Now published! Fanvids: Television, Women, and Home Media Re-Use

By Charlotte Stevens on August 21st, 2020


I am pleased to announce that my monograph, Fanvids: Television, Women, and Home Media Re-Use, is now available from Amsterdam University Press as an ebook and in hardcover.

Cover of FanvidsThis book revises and updates my PhD work about fanvids, and is a look at vids as texts in their own right. In the early 1980s, media fans used the vid form to intensify and construct the pleasures of television series, with clips from a show cut to music. Vidding has developed and changed over the last several decades, but the core principle remains the same: to use the vid form to say something to fellow fans about a television series (and, later, about films, video games, comics, and other media text). I am fascinated by how vids segment and re-present their source material, particularly as television is a segmented/fragmented medium.

Across four main case study chapters, I examine the vid form from a range of perspectives in order to approach a sense of the complexity and richness of the form. These chapters cover vids in relation to music video and experimental films, as historical/archival works, as pieces that reflect the many pleasures of media spectatorship, and as adaptations of their source material. I centre the vids themselves, do not make claims about a vidding ‘culture’, and reflect on the apparent argument of individual works rather than vidders’ intentions.

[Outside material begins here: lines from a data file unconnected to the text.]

-- ===== src/Rect/Parts.antt =====
-- `registry_global` and `registry_remove` of native/wayland_rect.c over a whole conversation with the
-- registry: what each part of the app sees of it.
use webos_wayland.Base.{
  ℕ, ◌≡◌, refl, ◌∙◌, ap, subst, sym, true, false, Option, List, [], ◌∷◌, if◌then◌else◌, ltb, String,
  str_eq, arith, Bool-cases, inl, inr,
}
use text.Mathlib.TextEquality.{eq_iff}
use webos_wayland.Wayland.{Proxy, Headers}
use webos_wayland.Input.{Context}
use webos_wayland.Input.Registry.{
  try_bind as try_bind_input, global_remove as global_remove_input, bind_slot,
}
use webos_wayland.Shell.{ShellContext}
use webos_wayland.Shell.Setup.{try_bind as try_bind_shell, global_remove as global_remove_shell}
use webos_wayland.Rect.Registry.{Globals, registry_global, registry_remove}

-- What the registry tells: a global, with what `wl_registry_bind` would return at each version, or the
-- removal of one.
pub data Notice : Type 0 where
  announced : ℕ → String → ℕ → (ℕ → Option Proxy) → Notice
  withdrawn : ℕ → Notice

-- What a plain handle makes of the notices: the last global of its interface, bound at the version
-- that `at_version` allows, and no removal is looked at.
abbrev pub handle_of : String → (ℕ → ℕ) → List Notice → Option Proxy → Option Proxy
handle_of interface at_version [] p = p
handle_of interface at_version (announced name offered version bind ∷ ns) p =
    handle_of interface at_version ns
      (if str_eq offered interface then bind (at_version version) else p)
handle_of interface at_version (withdrawn name ∷ ns) p = handle_of interface at_version ns p

abbrev pub three_at_most : ℕ → ℕ
three_at_most version = if ltb version 3 then version else 3

module _ {D : Type 0} where
  -- What the two components make of the notices when each is alone with the registry.
  abbrev pub input_of : Headers → List Notice → Context D → Context D
  input_of wl [] c = c
  input_of wl (announced name interface version bind ∷ ns) c =
      input_of wl ns (try_bind_input name interface version bind c).1
  input_of wl (withdrawn name ∷ ns) c = input_of wl ns (global_remove_input wl name c)

  abbrev pub shell_of : List Notice → ShellContext D → ShellContext D
  shell_of [] c = c
  shell_of (announced name interface version bind ∷ ns) c =
      shell_of ns (try_bind_shell name interface version bind c).1
  shell_of (withdrawn name ∷ ns) c = shell_of ns (global_remove_shell name c)

  pub listen : Headers → List Notice → Globals D → Globals D
  listen wl [] a = a
  listen wl (announced name interface version bind ∷ ns) a =
      listen wl ns (registry_global name interface version bind a)
  listen wl (withdrawn name ∷ ns) a = listen wl ns (registry_remove wl name a)

  -- What one announcement is to each part.
  abbrev given : ℕ → String → ℕ → (ℕ → Option Proxy) → Globals D → Globals D
  given name interface version bind a = record {
    compositor =
        if str_eq interface "wl_compositor" then bind (three_at_most version) else a.compositor;
    shm = if str_eq interface "wl_shm" then bind 1 else a.shm;
    shell = if str_eq interface "wl_shell" then bind 1 else a.shell;
    input = (try_bind_input name interface version bind a.input).1;
    webos_shell = (try_bind_shell name interface version bind a.webos_shell).1;
  }

  -- The two components say that they took the globals of their interface, whatever they made of them.
  takes_shell :
      (name version : ℕ) (bind : ℕ → Option Proxy) (c : ShellContext D)
      → (try_bind_shell name "wl_webos_shell" version bind c).0 ≡ true
  unfolding try_bind_shell
  takes_shell name version bind c = ground arith

  takes_seat :
      (name version : ℕ) (bind : ℕ → Option Proxy) (c : Context D)
      → (try_bind_input name "wl_seat" version bind c).0 ≡ true
  unfolding try_bind_input bind_slot
  takes_seat name version bind c = ground arith

  to_shell :
      (name version : ℕ) (bind : ℕ → Option Proxy) (a : Globals D)
      → registry_global name "wl_webos_shell" version bind a
        ≡ given name "wl_webos_shell" version bind a
  unfolding registry_global try_bind_input
  to_shell name version bind a =
      rw (registry_global, takes_shell name version bind a.webos_shell) refl

  to_input :
      (name version : ℕ) (bind : ℕ → Option Proxy) (a : Globals D)
      → registry_global name "wl_seat" version bind a ≡ given name "wl_seat" version bind a
  unfolding registry_global try_bind_shell
  to_input name version bind a = rw (registry_global, takes_seat name version bind a.input) refl

  to_app :
      (name version : ℕ) (bind : ℕ → Option Proxy) (a : Globals D)
      → (registry_global name "wl_compositor" version bind a
          ≡ given name "wl_compositor" version bind a)
        × (registry_global name "wl_shm" version bind a ≡ given name "wl_shm" version bind a)
        × (registry_global name "wl_shell" version bind a ≡ given name "wl_shell" version bind a)
  unfolding registry_global try_bind_shell try_bind_input
  to_app name version bind a = (refl, refl, refl)

  to_none :
      (name : ℕ) (interface : String) (version : ℕ) (bind : ℕ → Option Proxy) (a : Globals D)
      → str_eq interface "wl_webos_shell" ≡ false
      → str_eq interface "wl_seat" ≡ false
      → str_eq interface "wl_compositor" ≡ false
      → str_eq interface "wl_shm" ≡ false
      → str_eq interface "wl_shell" ≡ false
      → registry_global name interface version bind a ≡ given name interface version bind a
  unfolding registry_global try_bind_shell try_bind_input
  to_none name interface version bind a h k l m n = rw (h, k, l, m, n) refl

  registry_global-given :
      (name : ℕ) (interface : String) (version : ℕ) (bind : ℕ → Option Proxy) (a : Globals D)
      → registry_global name interface version bind a ≡ given name interface version bind a
  registry_global-given name interface version bind a =
      let P = λ (s : String). registry_global name s version bind a ≡ given name s version bind a in
      let known = λ (s : String) (e : str_eq interface s ≡ true) (p : P s).
        subst P (sym ((eq_iff interface s).0 e)) p in
      elim (Bool-cases (str_eq interface "wl_webos_shell")) [
        | inl e ↦ known "wl_webos_shell" e (to_shell name version bind a)
        | inr h ↦ elim (Bool-cases (str_eq interface "wl_seat")) [
          | inl e ↦ known "wl_seat" e (to_input name version bind a)
          | inr k ↦ elim (Bool-cases (str_eq interface "wl_compositor")) [
            | inl e ↦ known "wl_compositor" e (to_app name version bind a).0
            | inr l ↦ elim (Bool-cases (str_eq interface "wl_shm")) [
              | inl e ↦ known "wl_shm" e (to_app name version bind a).1
              | inr m ↦ elim (Bool-cases (str_eq interface "wl_shell")) [
                | inl e ↦ known "wl_shell" e (to_app name version bind a).2
                | inr n ↦ to_none name interface version bind a h k l m n
              ]
            ]
          ]
        ]
      ]

  -- After any announcements and removals, each part of the app is what it would be if it were alone
  -- with the registry: the input and the webOS shell are as their own functions leave them, and the
  -- compositor (of version 3 at most), the shared memory and the shell are the last ones announced.
  pub listen-parts :
      (wl : Headers) (ns : List Notice) (a : Globals D)
      → listen wl ns a ≡ record {
        compositor = handle_of "wl_compositor" three_at_most ns a.compositor;
        shm = handle_of "wl_shm" (λ version. 1) ns a.shm;
        shell = handle_of "wl_shell" (λ version. 1) ns a.shell;
        input = input_of wl ns a.input;
        webos_shell = shell_of ns a.webos_shell;
      }
  unfolding listen registry_remove
  listen-parts wl [] a = refl
  listen-parts wl (announced name interface version bind ∷ ns) a =
      ap (listen wl ns) (registry_global-given name interface version bind a)
      ∙ listen-parts wl ns (given name interface version bind a)
  listen-parts wl (withdrawn name ∷ ns) a = listen-parts wl ns (registry_remove wl name a)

I first started exploring these ideas over ten years ago, and it is satisfying to think that this book draws a line under a lengthy project. My intended audience is not limited to fan/fandom studies, though it is past time for vids to have the same sustained critical attention as fan fiction and other forms of fanworks. Folks who encounter vids for the first time often comment on the sophistication of the editing, often with some surprise, despite vids having four decades to develop. Exploring vids leads quickly to considering how audiences engage with television, film, and other mediaforms, and what changes in domestic media technologies afford. The critical and creative work of vidders represents one possible route for the afterlife of television and films, post-broadcast and post-release.

From the back of the book:

Fanvids, or vids, are short videos created in media fandom. Made from television and film sources, they are neither television episodes nor films; they resemble music videos but are non-commercial fanworks that construct creative and critical analyses of existing media. The creators of fanvids – called vidders – are predominantly women, whose vids prompt questions about media historiography and pleasures taken from screen media. Vids remake narratives for an attentive fan audience, who watch with a deep knowledge of the source text(s), or an interest in the vid form itself. Fanvids: Television, Women, and Home Media Re-Use draws on four decades of vids, produced on videotape and digitally, to argue that the vid form’s creation and reception reveals a mode of engaged spectatorship that counters academic histories of media audiences and technologies. Vids offer an answer to the prevalent questions, What happens to television after it’s been aired? How and by whom is it used and shared? Is it still television?